São Vicente, a de Fora
Tenho a certeza que Greenaway nunca filmou aqui porque não sabe que existe a Igreja de São Vicente de Fora
Não sou o mais idóneo para escrever este texto; afinal nasci e cresci nesta rua, e usávamos as capelas laterais de São Vicente de Fora para brincarmos às escondidas. Tenho um amigo arquiteto (daqueles reputados e conhecidos, com obra reconhecida internacionalmente) que diz que “esta rua é rua a mais italiana de Lisboa”, e eu concordo tanto com ele. E fica cá, nem tem que ir para Roma.
São Vicente chama-se ‘de Fora’ porque na altura em que foi construída, no século XVI, ficava já para lá das muralhas da cidade. Foi edificada para receber as relíquias do santo padroeiro da cidade, num estilo que na altura passaria facilmente por vanguardista em Portugal, o Maneirismo. Foi mesmo usada como modelo para outras construções do género, que se queriam em Quinhentos modernas e ao gosto internacional. O conjunto de São Vicente de Fora é tão imponente, à italiana, que precisou do espaço extra-muros para se implementar; é esta a razão de ser "de Fora".
Sendo português e de Lisboa, desde sempre centro de decisões nacionais, o Maneirismo de São Vicente é especial e distinto dos seus congéneres; a década em que foi construído, a de quinhentos, foi generosa por demais com Portugal. Havia ouro e escravos do Brasil e de África, um mundo novo de especiarias, seda e canela trazidas do lado de lá do globo, um per capita que se fosse democrático seria mesmo assim imensíssimo.
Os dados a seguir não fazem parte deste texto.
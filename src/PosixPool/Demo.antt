-- ===== src/PosixPool/Demo.antt =====
-- `main` of socket/thread_Pool/main.cpp, with the threads of its pool. The creation of the pool is
-- taken to succeed, and its steps happen before the threads' first ones.
pub mod Posts
use codespaces_blank.Prelude.{ℕ, zero, suc, ◌+◌, ◌<◌, ◌≡◌, List, [], ◌∷◌, ◌++◌}
use codespaces_blank.PosixPool.{Task, Pool, threadpool_add, queued}
use codespaces_blank.PosixPool.Setup.{Resources}
use codespaces_blank.PosixPool.System.{
  System, Worker, Signal, Step, start, submit, submit_closed, shut, rouse_idle,
}

-- `i` of the loop, and the threads.
pub record Demo : Type 0 where
  pub i : ℕ
  pub system : System

-- `threadpool_create(10, 100, 100)`
abbrev pub created : Resources → Demo
created r = record { i = 0; system = start r 10 100 100 }

-- A step of the pool's own threads, and none of a caller.
abbrev pub IsOwn : {s t : System} → Step s t → Type 0
IsOwn (submit _ _ _) = ⊥
IsOwn (submit_closed _ _) = ⊥
IsOwn shut = ⊥
IsOwn (rouse_idle _ _ _) = ⊥
IsOwn _ = Unit

-- A turn of the loop, whose call of `threadpool_add` has returned, or a step of the pool. Behind the
-- loop `main` sleeps for ever. `process` is the address of the function.
pub data Move (process : ℕ) (d : Demo) : Demo → Type 0 where
  adds :
      {p : Pool} {ws : List Worker}
      → d.i < 40
      → threadpool_add d.system.pool (record { function = process; arg = d.i }) ≡ queued p
      → Signal d.system.workers ws
      → Move process d (record {
        i = d.i + 1;
        system = record (d.system) {
          pool = p;
          workers = ws;
          added = d.system.added ++ (record { function = process; arg = d.i } ∷ []);
        };
      })
  works : {t : System} (x : Step d.system t) → IsOwn x → Move process d (record d { system = t })

pub data Run (process : ℕ) (d : Demo) : Demo → Type 0 where
  begins : Run process d d
  goes_on : {e f : Demo} → Run process d e → Move process e f → Run process d f
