-- ===== src/PosixPool/System/Passage.antt =====
-- What one passage of a worker through the lock of socket/thread_Pool/main.cpp does to the pool.
use codespaces_blank.Prelude.{
  true, false, ◌+◌, ◌∷◌, ◌++◌, [], ℕ, ◌+◌, ◌-◌, ◌<◌, ◌≡◌, ◌≢◌, refl, ◌∷◌, arith, length, Bool-cases,
  ltb, inl, inr,
}
use codespaces_blank.PosixPool.{
  Task, insert_task, threadpool_add, queued, Pool, Outcome, waits, retires, stops, takes,
  worker_test, dequeue, worker_wake,
}
use codespaces_blank.PosixPool.Valid.{
  insert_task-IsValid, IsValid, dequeue-IsValid, wait_exit-IsValid,
}
use codespaces_blank.PosixPool.Fifo.{contents, contents-dequeue, contents-insert_task}

-- A worker's passage leaves this as it was.
pub record Same (p p' : Pool) : Type 0 where
  pub valid : IsValid p'
  pub low : p'.min_thr_num ≡ p.min_thr_num
  pub high : p'.max_thr_num ≡ p.max_thr_num
  pub threads : length p'.threads ≡ length p.threads
  pub busy : p'.busy_thr_num ≡ p.busy_thr_num

abbrev pub Good : Pool → Outcome → Type 0
Good p (waits p') = Same p p' × (p'.live_thr_num ≡ p.live_thr_num) × (contents p' ≡ contents p)
Good p (stops p') = Same p p' × (p'.live_thr_num ≡ p.live_thr_num) × (contents p' ≡ contents p)
Good p (retires p') =
    Same p p'
    × (p'.live_thr_num + 1 ≡ p.live_thr_num)
    × (p.min_thr_num < p.live_thr_num)
    × (contents p' ≡ contents p)
Good p (takes t p') =
    Same p p' × (p'.live_thr_num ≡ p.live_thr_num) × (contents p ≡ t ∷ contents p')

pub Same-refl : {p : Pool} → IsValid p → Same p p
Same-refl v = record { valid = v; low = refl; high = refl; threads = refl; busy = refl }

dequeue-Good : {p : Pool} → IsValid p → p.queue_size ≢ 0 → Good p (dequeue p)
unfolding dequeue
dequeue-Good v h = (
  record { valid = dequeue-IsValid v h; low = refl; high = refl; threads = refl; busy = refl },
  refl,
  contents-dequeue v h,
)

pub worker_test-Good : {p : Pool} → IsValid p → Good p (worker_test p)
unfolding worker_test
worker_test-Good v = ground (arith, dequeue-Good v, Same-refl v)

-- None of this speaks of `wait_exit_thr_num`.
wait_exit-Same : {p p' : Pool} (n : ℕ) → Same (record p { wait_exit_thr_num = n }) p' → Same p p'
wait_exit-Same n g = record {
  valid = g.valid;
  low = g.low;
  high = g.high;
  threads = g.threads;
  busy = g.busy;
}

wait_exit-Good :
    (p : Pool) (n : ℕ) (o : Outcome) → Good (record p { wait_exit_thr_num = n }) o → Good p o
wait_exit-Good p n (waits p') g = (wait_exit-Same n g.0, g.1, g.2)
wait_exit-Good p n (stops p') g = (wait_exit-Same n g.0, g.1, g.2)
wait_exit-Good p n (retires p') g = (wait_exit-Same n g.0, g.1, g.2, g.3)
wait_exit-Good p n (takes t p') g = (wait_exit-Same n g.0, g.1, g.2)

retire-Good :
    {p : Pool} (n : ℕ)
    → IsValid p
    → p.min_thr_num < p.live_thr_num
    → Good p (retires (record p { wait_exit_thr_num = n; live_thr_num = p.live_thr_num - 1 }))
retire-Good n v h = (
  record { valid = omega arith; low = refl; high = refl; threads = refl; busy = refl },
  omega arith,
  h,
  refl,
)

pub worker_wake-Good : {p : Pool} → IsValid p → Good p (worker_wake p)
unfolding worker_wake
worker_wake-Good {p} v = elim (Bool-cases (ltb 0 p.wait_exit_thr_num)) [
  | inr none_to_go ↦ rw none_to_go (worker_test-Good v)
  | inl some_to_go ↦ elim (Bool-cases (ltb p.min_thr_num p.live_thr_num)) [
    | inl above ↦ rw (some_to_go, above) (retire-Good (p.wait_exit_thr_num - 1) v (ground arith))
    | inr least ↦
        rw (some_to_go, least)
          (wait_exit-Good p (p.wait_exit_thr_num - 1) _
            (worker_test-Good (wait_exit-IsValid (p.wait_exit_thr_num - 1) v)))
  ]
]

insert_task-Same :
    {p : Pool} (t : Task)
    → IsValid p
    → p.queue_size < p.queue_max_size
    → Same p (insert_task p t)
      × ((insert_task p t).live_thr_num ≡ p.live_thr_num)
      × ((insert_task p t).queue_size ≡ p.queue_size + 1)
      × (contents (insert_task p t) ≡ contents p ++ (t ∷ []))
unfolding insert_task
insert_task-Same {p} t v h = (
  record {
    valid = insert_task-IsValid t v (omega arith);
    low = refl;
    high = refl;
    threads = refl;
    busy = refl;
  },
  refl,
  refl,
  contents-insert_task t v h,
)

-- What `threadpool_add` does to the pool when it queues a task.
pub threadpool_add-Same :
    {p p' : Pool} (t : Task)
    → IsValid p
    → threadpool_add p t ≡ queued p'
    → Same p p'
      × (p'.live_thr_num ≡ p.live_thr_num)
      × (p'.queue_size ≡ p.queue_size + 1)
      × (contents p' ≡ contents p ++ (t ∷ []))
unfolding threadpool_add
threadpool_add-Same t v e = ground (arith, insert_task-Same t v)

-- What a passage has to do with the end of the pool and with an empty queue.
abbrev pub Calm : Pool → Outcome → Type 0
Calm p (waits p') = (p.shutdown ≡ false) × (p'.shutdown ≡ false) × (p'.queue_size ≡ 0)
Calm p (stops p') = (p.shutdown ≡ true) × (p'.shutdown ≡ true) × (contents p' ≡ contents p)
Calm p (retires p') =
    (p'.shutdown ≡ p.shutdown) × (p.min_thr_num < p.live_thr_num) × (contents p' ≡ contents p)
Calm p (takes t p') = (p.shutdown ≡ false) × (p'.shutdown ≡ false)

pub worker_test-Calm : (p : Pool) → Calm p (worker_test p)
unfolding worker_test dequeue
worker_test-Calm p = ground arith

wait_exit-Calm :
    (p : Pool) (n : ℕ) (o : Outcome) → Calm (record p { wait_exit_thr_num = n }) o → Calm p o
wait_exit-Calm p n (waits p') c = c
wait_exit-Calm p n (stops p') c = c
wait_exit-Calm p n (retires p') c = c
wait_exit-Calm p n (takes t p') c = c

pub worker_wake-Calm : (p : Pool) → Calm p (worker_wake p)
unfolding worker_wake
worker_wake-Calm p = ground (
  arith,
  worker_test-Calm p,
  wait_exit-Calm p (p.wait_exit_thr_num - 1) _
      (worker_test-Calm (record p { wait_exit_thr_num = p.wait_exit_thr_num - 1 })),
)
Por isso não é de admirar a vastidão da escadaria e a imponência da fachada altíssima, ao tamanho da gula dum clero que ganhava também tanto com a glória da Expansão. No interior há um altar barroco por Ludovice, só possível com o dinheiro que as colónias permitiam, que uma coisa destas não se faz num fim-de-semana com dois trolhas.
E a coroa-lo um baldaquino do grande Machado de Castro, naquele barroco intenso em que voam vestes, cabelos e asas de anjo, tudo folheado a grosso com o ouro que jorrava do Brasil. O grandioso altar enquadra um órgão de 1765, recentemente restaurado, um dos melhores entre os seus pares europeus. De vez em quando há concertos de órgão a solo ou em parcerias valiosas, como acontecerá já a 9 de dezembro, no delicioso pré-Natal, com João Vaz, organista titular de S. Vicente de Fora, acompanhado pelo violoncelo barroco de Diana Vinagre. Às 17h00 com entrada livre.
A destacar e a não perder, o claustro em calcário que rebrilha ao sol, com arcadas de sombra onde o azul&branco dos azulejos século XVIII, narrando histórias e História, refrescam os passos.
E ao lado, a tal rua mais italiana de Lisboa. É um poema. Desculpa lá António, mas em Roma é que deve haver uma rua mais portuguesa de Itália.
Largo de São Vicente, a Alfama
1100-572 Lisboa
218 810 500
Fotos do site da C.M.L.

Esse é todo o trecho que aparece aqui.